Survey indicators as well as some hard data are pointing at a worsening of the economic climate, mostly related to the geopolitical situation and the mounting inflationary pressures. Consumer confidence recovered only marginally from its March collapse in April and May, and business managers’ assessment of demand in the retail trade sector for the next 3 months fell substantially in May (see figure BE1). 

Also, on the labour market several indicators have started to reverse.
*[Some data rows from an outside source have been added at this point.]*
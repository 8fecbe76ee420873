-- ===== src/MetadataCache/Reads.antt =====
-- internal/service/metadata_cache.go, `GetTableSummary`: what a second call answers.
use chat2sql.Prelude.{
  ℕ, ◌≡◌, refl, ap, sym, ◌∙◌, false, Option, none, some, List, [], ◌∷◌, ◌++◌, Bytes, arith, lookup,
  lookup-insert_self, if◌then◌else◌, text_key, Bool-cases, Option-cases, inl, inr,
}
use chat2sql.MetadataCache.Keys.{table_key_collision}
use chat2sql.MetadataCache.State.{
  MetadataCache, SchemaMetadata, SchemaRepository, CachedTableSummary, Result, ok, err,
  table_structure_failed, table_missing, is_expired, table_key,
}
use chat2sql.MetadataCache.Tables.{
  Summary, fresh_table, table_entry, store_table, store_rows, load_table, get_table_summary,
  build_table_summary, cached_columns, summary_of,
}

abbrev Rows : Type 0
Rows = List (Option SchemaMetadata)

abbrev pub summary_of_rows : Rows → Summary
summary_of_rows rows = (build_table_summary rows, cached_columns rows)

-- What the repository's rows for a table come to.
abbrev rows_answer : Bytes → Bytes → Rows → Result Summary
rows_answer schema table [] = err (table_missing schema table)
rows_answer schema table (row ∷ rows) = ok (summary_of_rows (row ∷ rows))

abbrev pub table_answer : SchemaRepository → ℕ → Bytes → Bytes → Result Summary
table_answer repo id schema table = elim (repo.get_table_structure id schema table) [
  | none ↦ err table_structure_failed
  | some rows ↦ rows_answer schema table rows
]

store_rows-answer :
    (now id : ℕ) (schema table : Bytes) (rows : Rows) (mc : MetadataCache)
    → (store_rows now id schema table rows mc).1 ≡ rows_answer schema table rows
unfolding store_rows table_entry
store_rows-answer now id schema table [] mc = refl
store_rows-answer now id schema table (row ∷ rows) mc = refl

load_table-answer :
    (repo : SchemaRepository) (now id : ℕ) (schema table : Bytes) (mc : MetadataCache)
    → (load_table repo now id schema table mc).1 ≡ table_answer repo id schema table
unfolding load_table
load_table-answer repo now id schema table mc =
    elim (Option-cases (repo.get_table_structure id schema table)) [
      | inl e ↦ rw (e, load_table, table_answer)
      | inr (rows, e) ↦
          rw (e, load_table, table_answer) (store_rows-answer now id schema table rows _)
    ]

load-answer :
    (repo : SchemaRepository) (now id : ℕ) (schema table : Bytes) (mc : MetadataCache)
    → fresh_table mc now (table_key id schema table) ≡ none
    → (get_table_summary repo now id schema table mc).1 ≡ table_answer repo id schema table
unfolding get_table_summary
load-answer repo now id schema table mc h =
    rw (h, get_table_summary) (load_table-answer repo now id schema table _)

hit-answer :
    (repo : SchemaRepository) (now id : ℕ) (schema table : Bytes) (mc : MetadataCache)
    (cached : CachedTableSummary)
    → fresh_table mc now (table_key id schema table) ≡ some cached
    → (get_table_summary repo now id schema table mc).1 ≡ ok (summary_of cached)
unfolding get_table_summary
hit-answer repo now id schema table mc cached h = ground arith

module _ (repo : SchemaRepository) (t id : ℕ) (schema table : Bytes) (mc : MetadataCache)
    (row : Option SchemaMetadata) (rows : Rows)
    (missing : fresh_table mc t (table_key id schema table) ≡ none)
    (found : repo.get_table_structure id schema table ≡ some (row ∷ rows)) where
  abbrev entry : CachedTableSummary
  entry = table_entry t id schema table mc.default_ttl (row ∷ rows)

  abbrev loaded : MetadataCache
  loaded = (get_table_summary repo t id schema table mc).0

  lookup-loaded : lookup (table_key id schema table) loaded.table_summaries ≡ some entry
  unfolding get_table_summary load_table store_rows store_table table_entry
  lookup-loaded =
      ground (arith, lookup-insert_self (table_key id schema table) entry mc.table_summaries)

  fresh-loaded :
      (t' : ℕ)
      → fresh_table loaded t' (table_key id schema table)
        ≡ (if is_expired t' t mc.default_ttl then none else some entry)
  unfolding fresh_table table_entry
  fresh-loaded t' = rw (lookup-loaded, fresh_table)

  -- A later call for any table with the same key.
  answer_same_key :
      (repo' : SchemaRepository) (t' : ℕ) (schema' table' : Bytes)
      → table_key id schema' table' ≡ table_key id schema table
      → (get_table_summary repo' t' id schema' table' loaded).1 ≡ (
          if is_expired t' t mc.default_ttl
          then table_answer repo' id schema' table'
          else ok (summary_of_rows (row ∷ rows)))
  unfolding table_entry
  answer_same_key repo' t' schema' table' e = elim (Bool-cases (is_expired t' t mc.default_ttl)) [
    | inl old ↦
        rw old (load-answer repo' t' id schema' table' loaded (at_key ∙ (fresh-loaded t' ∙ rw old)))
    | inr fresh ↦
        rw fresh (
          hit-answer repo' t' id schema' table' loaded entry
            (at_key ∙ (fresh-loaded t' ∙ rw fresh)))
  ]
    where
      at_key :
          fresh_table loaded t' (table_key id schema' table')
          ≡ fresh_table loaded t' (table_key id schema table)
      at_key = ap (fresh_table loaded t') e

-- After a load that succeeds at time `t`, a call for the same table at time `t'` answers with the
-- loaded rows until the default TTL has passed, and from the repository afterwards.
pub get_table_summary_again :
    (repo repo' : SchemaRepository) (t t' id : ℕ) (schema table : Bytes) (mc : MetadataCache)
    (row : Option SchemaMetadata) (rows : List (Option SchemaMetadata))
    → fresh_table mc t (table_key id schema table) ≡ none
    → repo.get_table_structure id schema table ≡ some (row ∷ rows)
    → (get_table_summary repo' t' id schema table (get_table_summary repo t id schema table mc).0).1
      ≡ (if is_expired t' t mc.default_ttl
          then table_answer repo' id schema table
          else ok (summary_of_rows (row ∷ rows)))
get_table_summary_again repo repo' t t' id schema table mc row rows h k =
    answer_same_key repo t id schema table mc row rows h k repo' t' schema table refl

-- Where a name holds a colon the cache answers for the wrong table: after table `c` of schema `a:b`
-- was loaded, a call for table `b:c` of schema `a` within the TTL gets the columns of the former.
pub get_table_summary_collision :
    (repo repo' : SchemaRepository) (t t' id : ℕ) (a b c : Bytes) (mc : MetadataCache)
    (row : Option SchemaMetadata) (rows : List (Option SchemaMetadata))
    → fresh_table mc t (table_key id (a ++ b':' ∷ b) c) ≡ none
    → repo.get_table_structure id (a ++ b':' ∷ b) c ≡ some (row ∷ rows)
    → is_expired t' t mc.default_ttl ≡ false
    → (get_table_summary repo' t' id a
        (b ++ b':' ∷ c)
        (get_table_summary repo t id (a ++ b':' ∷ b) c mc).0).1
      ≡ ok (summary_of_rows (row ∷ rows))
get_table_summary_collision repo repo' t t' id a b c mc row rows h k fresh =
    answer_same_key repo t id (a ++ b':' ∷ b) c mc row rows h k repo' t' a (b ++ b':' ∷ c)
      (sym (table_key_collision id a b c))
    ∙ rw fresh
E.g., the year-on-year decline in the number of job seekers is softening since the end of 2021 and the harmonised unemployment rate showed its first increase in April after more than a year of decline (see figure BE2).

After the still solid rise in the first quarter, economic activity is likely to fall or stagnate in the current and next quarter. The dramatic rise in uncertainty and the temporary drop in purchasing power following high inflation and lagging wage indexation will likely hit private consumption in Q2 and Q3. Rising input costs for companies and increased uncertainty will slow investment growth. All in all, we now expect a contraction in Q2 (-0.3%) and stagnation in Q3 (0.0%). We have downgraded the quarterly growth path slightly from Q4 2022 onwards on more aggressive monetary tightening by the ECB, in line with the adjusted euro area scenario (see above).

In combination with the upwardly revised Q1 figure, this brings our projection for Belgian real GDP growth in the full year 2022 a bit higher to 2.1%, from 2.0% previously. We continue to stress that the 2022 growth figure is inflated by a big overhang effect from 2021. The outlook for growth in 2023 was revised down from 1.1% to 0.8%. This leaves us being relatively pessimistic compared to recent official institutions’ forecast (see figure BE3). Both CPI and HICP inflation resumed their upward trend in May, to 9.0% and 9.9%, respectively. That month, one in three goods and services in the national CPI had price increase of 6% or above, and seven in ten an increase of 3% or above, indicating that price increases are spreading further into more goods and services. Due to both the upward surprise in recent inflation data and an upward revision of our oil price scenario (see above), we now see average inflation in Belgium at 8.7% in 2022 and 3.4% in 2023, up from 8.3% and 3.0% respectively. 

Economic forecasts June 2022

National accounts (real yearly change, in %)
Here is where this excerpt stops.